== Segment start ==

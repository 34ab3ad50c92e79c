-- ===== src/Brand/Validate/Laws.antt =====
-- When a configuration is accepted.
use lite_nova.Prelude.{
  ℕ, suc, ◌≡◌, ◌≢◌, ◌↔◌, inl, inr, refl, true, false, Bool, String, List, [], ◌∷◌, ◌++◌, arith,
  str_eq, eq_iff, if◌then◌else◌, Bool-cases, sym, ap, ◌∙◌,
}
use lite_nova.Brand.Merge.{
  Value, missing, null, flag, number, text, array, object, Items, nil, cons, Fields, end, field,
  get,
}
use lite_nova.Brand.Validate.{
  ConfigValidationError, is_hex_color, fields_of_items, is_name, member, entries_of, check_name,
  check_colors, check_part, check_config, validate_config,
}
use lite_nova.Brand.Validate.Colors.{IsColor, is_hex_color_iff}

-- A part, where it is an object, has a field that is a text and not empty; no array has one.
abbrev pub HasName : String → Value → Type 0
HasName name (object part) = (s : String) × (get name part ≡ text s) × (s ≢ "")
HasName name (array items) = ⊥
HasName name _ = Unit

-- Every text among the fields is a colour, and every text of an array.
abbrev pub AreColors : Fields → Type 0
AreColors end = Unit
AreColors (field key (text val) rest) = IsColor val × AreColors rest
AreColors (field key _ rest) = AreColors rest

abbrev pub ItemsAreColors : Items → Type 0
ItemsAreColors nil = Unit
ItemsAreColors (cons (text val) rest) = IsColor val × ItemsAreColors rest
ItemsAreColors (cons _ rest) = ItemsAreColors rest

abbrev pub Colored : Value → Type 0
Colored (object fields) = AreColors fields
Colored (array items) = ItemsAreColors items
Colored _ = Unit

-- The colours of a part, where it is an object.
abbrev pub HasColors : Value → Type 0
HasColors (object part) = Colored (get "colors" part)
HasColors _ = Unit

check_text_iff :
    (e : ConfigValidationError) (b : Bool) (rest : List ConfigValidationError) {P Q : Type 0}
    → (b ≡ true) ↔ P
    → (rest ≡ []) ↔ Q
    → ((if b then rest else e ∷ rest) ≡ []) ↔ P × Q
check_text_iff e true rest p q = (λ h. (p.0 refl, q.0 h), λ h. q.1 h.1)
check_text_iff e false rest p q = (λ h. cc, λ h. cc (p.1 h.0))

check_colors_iff : (fields : Fields) → (check_colors fields ≡ []) ↔ AreColors fields
unfolding check_colors
check_colors_iff end = ground arith
check_colors_iff (field key (text val) rest) =
    check_text_iff _ (is_hex_color val) _ (is_hex_color_iff val) (check_colors_iff rest)
check_colors_iff (field key missing rest) = check_colors_iff rest
check_colors_iff (field key null rest) = check_colors_iff rest
check_colors_iff (field key (flag b) rest) = check_colors_iff rest
check_colors_iff (field key (number n) rest) = check_colors_iff rest
check_colors_iff (field key (array xs) rest) = check_colors_iff rest
check_colors_iff (field key (object fs) rest) = check_colors_iff rest

append-nil_iff :
    (xs ys : List ConfigValidationError) {P Q : Type 0}
    → (xs ≡ []) ↔ P
    → (ys ≡ []) ↔ Q
    → (xs ++ ys ≡ []) ↔ P × Q
append-nil_iff [] ys p q = (λ h. (p.0 refl, q.0 h), λ h. q.1 h.1)
append-nil_iff (x ∷ xs) ys p q = (λ h. cc, λ h. cc (p.1 h.0))

is_name_iff :
    (path message : String) (v : Value)
    → (check_name path message v ≡ []) ↔ ((s : String) × (v ≡ text s) × (s ≢ ""))
unfolding check_name is_name
is_name_iff path message (text s) = elim (Bool-cases (str_eq s "")) [
  | inl e ↦ rw e (λ h. cc, λ h. absurd (h.2 (trans_text s h.0 h.1 ((eq_iff s "").0 e))))
  | inr e ↦ rw e (λ h. (s, refl, λ q. cc (e, (eq_iff s "").1 q)), λ h. refl)
]
  where
    text_of : Value → String
    text_of (text s) = s
    text_of _ = ""

    trans_text : (s t : String) → text s ≡ text t → s ≡ "" → t ≡ ""
    trans_text s t e h = sym (ap text_of e) ∙ h
is_name_iff path message missing = (λ h. cc, λ h. cc (h.1))
is_name_iff path message null = (λ h. cc, λ h. cc (h.1))
is_name_iff path message (flag b) = (λ h. cc, λ h. cc (h.1))
is_name_iff path message (number n) = (λ h. cc, λ h. cc (h.1))
is_name_iff path message (array xs) = (λ h. cc, λ h. cc (h.1))
is_name_iff path message (object fs) = (λ h. cc, λ h. cc (h.1))

unnamed : ¬ ((s : String) × (missing ≡ text s) × (s ≢ ""))
unnamed (s, e, n) = cc

check_named_iff :
    (path message name : String) (v : Value)
    → (check_part (λ part. check_name path message (member name part)) v ≡ []) ↔ HasName name v
unfolding check_part member
check_named_iff path message name (object part) = is_name_iff path message (get name part)
check_named_iff path message name (array items) =
    (λ h. unnamed ((is_name_iff path message missing).0 h), λ h. absurd h)
check_named_iff path message name missing = (λ h. tt, λ h. refl)
check_named_iff path message name null = (λ h. tt, λ h. refl)
check_named_iff path message name (flag b) = (λ h. tt, λ h. refl)
check_named_iff path message name (number n) = (λ h. tt, λ h. refl)
check_named_iff path message name (text s) = (λ h. tt, λ h. refl)

module _ (number_text : ℕ → String) where
  check_items_iff :
      (i : ℕ) (items : Items)
      → (check_colors (fields_of_items number_text i items) ≡ []) ↔ ItemsAreColors items
  unfolding fields_of_items check_colors
  check_items_iff i nil = ground arith
  check_items_iff i (cons (text val) rest) =
      check_text_iff _ (is_hex_color val) _ (is_hex_color_iff val) (check_items_iff (suc i) rest)
  check_items_iff i (cons missing rest) = check_items_iff (suc i) rest
  check_items_iff i (cons null rest) = check_items_iff (suc i) rest
  check_items_iff i (cons (flag b) rest) = check_items_iff (suc i) rest
  check_items_iff i (cons (number n) rest) = check_items_iff (suc i) rest
  check_items_iff i (cons (array xs) rest) = check_items_iff (suc i) rest
  check_items_iff i (cons (object fs) rest) = check_items_iff (suc i) rest

  check-Colored_iff :
      (v : Value)
      → (check_part (λ colors. check_colors (entries_of number_text colors)) v ≡ []) ↔ Colored v
  unfolding check_part entries_of
  check-Colored_iff (object fields) = check_colors_iff fields
  check-Colored_iff (array items) = check_items_iff 0 items
  check-Colored_iff missing = (λ h. tt, λ h. refl)
  check-Colored_iff null = (λ h. tt, λ h. refl)
  check-Colored_iff (flag b) = (λ h. tt, λ h. refl)
  check-Colored_iff (number n) = (λ h. tt, λ h. refl)
  check-Colored_iff (text s) = (λ h. tt, λ h. refl)

  check_color_iff :
      (v : Value)
      → (check_part
            (λ color.
              check_part
                (λ colors. check_colors (entries_of number_text colors))
                (member "colors" color))
            v
          ≡ [])
        ↔ HasColors v
  unfolding check_part member
  check_color_iff (object part) = unfold check_part in check-Colored_iff (get "colors" part)
  check_color_iff (array items) = (λ h. tt, λ h. refl)
  check_color_iff missing = (λ h. tt, λ h. refl)
  check_color_iff null = (λ h. tt, λ h. refl)
  check_color_iff (flag b) = (λ h. tt, λ h. refl)
  check_color_iff (number n) = (λ h. tt, λ h. refl)
  check_color_iff (text s) = (λ h. tt, λ h. refl)

  -- A configuration is accepted without an error exactly if its meta part, where it is an object,
  -- has an id that is a text and not empty, its text part a brandName of that kind, and each text
  -- among its colours is # with three or six characters, each of them a hexadecimal digit.
  pub validate_config_iff :
      (c : Fields)
      → (validate_config number_text (object c) ≡ [])
        ↔ HasName "id" (get "meta" c)
          × HasColors (get "color" c)
          × HasName "brandName" (get "text" c)
  unfolding validate_config check_config member
  validate_config_iff c =
      let (there, back) = append-nil_iff _ _ (check_named_iff _ _ "id" (get "meta" c)) (
        append-nil_iff _ _ (check_color_iff (get "color" c))
          (check_named_iff _ _ "brandName" (get "text" c))) in
      (
        λ h. let (id, rest) = there h in (id, rest.0, rest.1),
        λ h. let (id, color, name) = h in back (id, (color, name)),
      )
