-- ===== src/Brand/Tests.antt =====
-- The theorems about configurations on small overrides.
use lite_nova.Prelude.{
  ℕ, ◌≡◌, ◌↔◌, refl, true, false, String, [], ◌∷◌, none, some, arith, str_eq, if◌then◌else◌,
}
use lite_nova.Brand.Merge.{missing, text, object, Fields, end, field, is_missing, get, deep_merge}
use lite_nova.Brand.Merge.Laws.{at_path, is_blocked, deep_merge-at_path}
use lite_nova.Brand.Defaults.{default_brand_config, fields, texts}
use lite_nova.Brand.Validate.{is_hex_color, check_config, validate_config}
use lite_nova.Brand.Validate.Laws.{HasName, HasColors, validate_config_iff}
use lite_nova.Brand.Loader.{
  CacheEntry, Json, Storage, ConfigLoadOptions, loaded, failed, ttl_of, has_remote,
  load_brand_config,
}
use lite_nova.Brand.Loader.Laws.{load_brand_config-at_path}
use lite_nova.Brand.Loader.Cache.{load_brand_config-cached}

-- { text: { slogan: … } }, { color: { colors: { primary: … } } } and { text: … }
abbrev slogan : Fields
slogan = field "text" (object (texts (("slogan", "Fast") ∷ []))) end

abbrev palette : Fields
palette =
    field "color" (object (field "colors" (object (texts (("primary", "#123") ∷ []))) end)) end

abbrev plain : Fields
plain = field "text" (text "none") end

deep_merge-at_path_example :
    at_path ("text" ∷ "brandName" ∷ []) (object (deep_merge default_brand_config (some slogan)))
    ≡ text "Lite999"
unfolding at_path is_blocked get is_missing default_brand_config fields
deep_merge-at_path_example =
    deep_merge-at_path ("text" ∷ "brandName" ∷ []) default_brand_config slogan
      (tt, (tt, tt, tt), tt)

abbrev numbers : ℕ → String
numbers n = "0"

validate_config_iff_example :
    (validate_config numbers (object default_brand_config) ≡ [])
    ↔ HasName "id" (get "meta" default_brand_config)
      × HasColors (get "color" default_brand_config)
      × HasName "brandName" (get "text" default_brand_config)
validate_config_iff_example = validate_config_iff numbers default_brand_config

-- The default configuration is accepted.
default_is_accepted : validate_config numbers (object default_brand_config) ≡ []
unfolding validate_config check_config is_hex_color default_brand_config get
default_is_accepted = refl

-- A codec that knows one entry, and a storage that is empty.
abbrev options : ConfigLoadOptions
options = record {
  remote_url = some "https://brand.test";
  cache_key = none;
  cache_ttl = some 1000;
  static_overrides = some palette;
}

abbrev entry : CacheEntry
entry = record { data_of = slogan; timestamp = 50; ttl = 1000 }

abbrev json : Json
json = record {
  stringify = λ e. "entry";
  parse = λ raw. if str_eq raw "entry" then some entry else none;
}

abbrev storage : Storage
storage = record { is_open = true; is_full = false; items = [] }

load_brand_config-at_path_example :
    at_path ("text" ∷ "slogan" ∷ []) (
      object
        (load_brand_config numbers json 50 options (loaded slogan) (some plain) storage).merged)
    ≡ missing
unfolding at_path is_blocked get is_missing default_brand_config fields has_remote
load_brand_config-at_path_example =
    load_brand_config-at_path json 50 options numbers (loaded slogan) (some plain) storage
      ("text" ∷ "slogan" ∷ []) (tt, (tt, (tt, tt, tt), tt), tt) (tt, (tt, tt, tt), tt) (tt, tt, tt)

load_brand_config-cached_example :
    let first = load_brand_config numbers json 50 options (loaded slogan) none storage in
    let second = load_brand_config numbers json 900 options (failed "offline") none first.storage in
    (second.merged ≡ first.merged) × (second.storage ≡ first.storage)
unfolding has_remote ttl_of
load_brand_config-cached_example =
    load_brand_config-cached json options 50 slogan storage refl refl refl refl numbers none
      "offline" refl 900 (omega arith)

== Segment end ==

Exercise
Check every line of the data above for the string "primary", and copy those that have it.

Answer space
-- { text: { slogan: … } }, { color: { colors: { primary: … } } } and { text: … }
    field "color" (object (field "colors" (object (texts (("primary", "#123") ∷ []))) end)) end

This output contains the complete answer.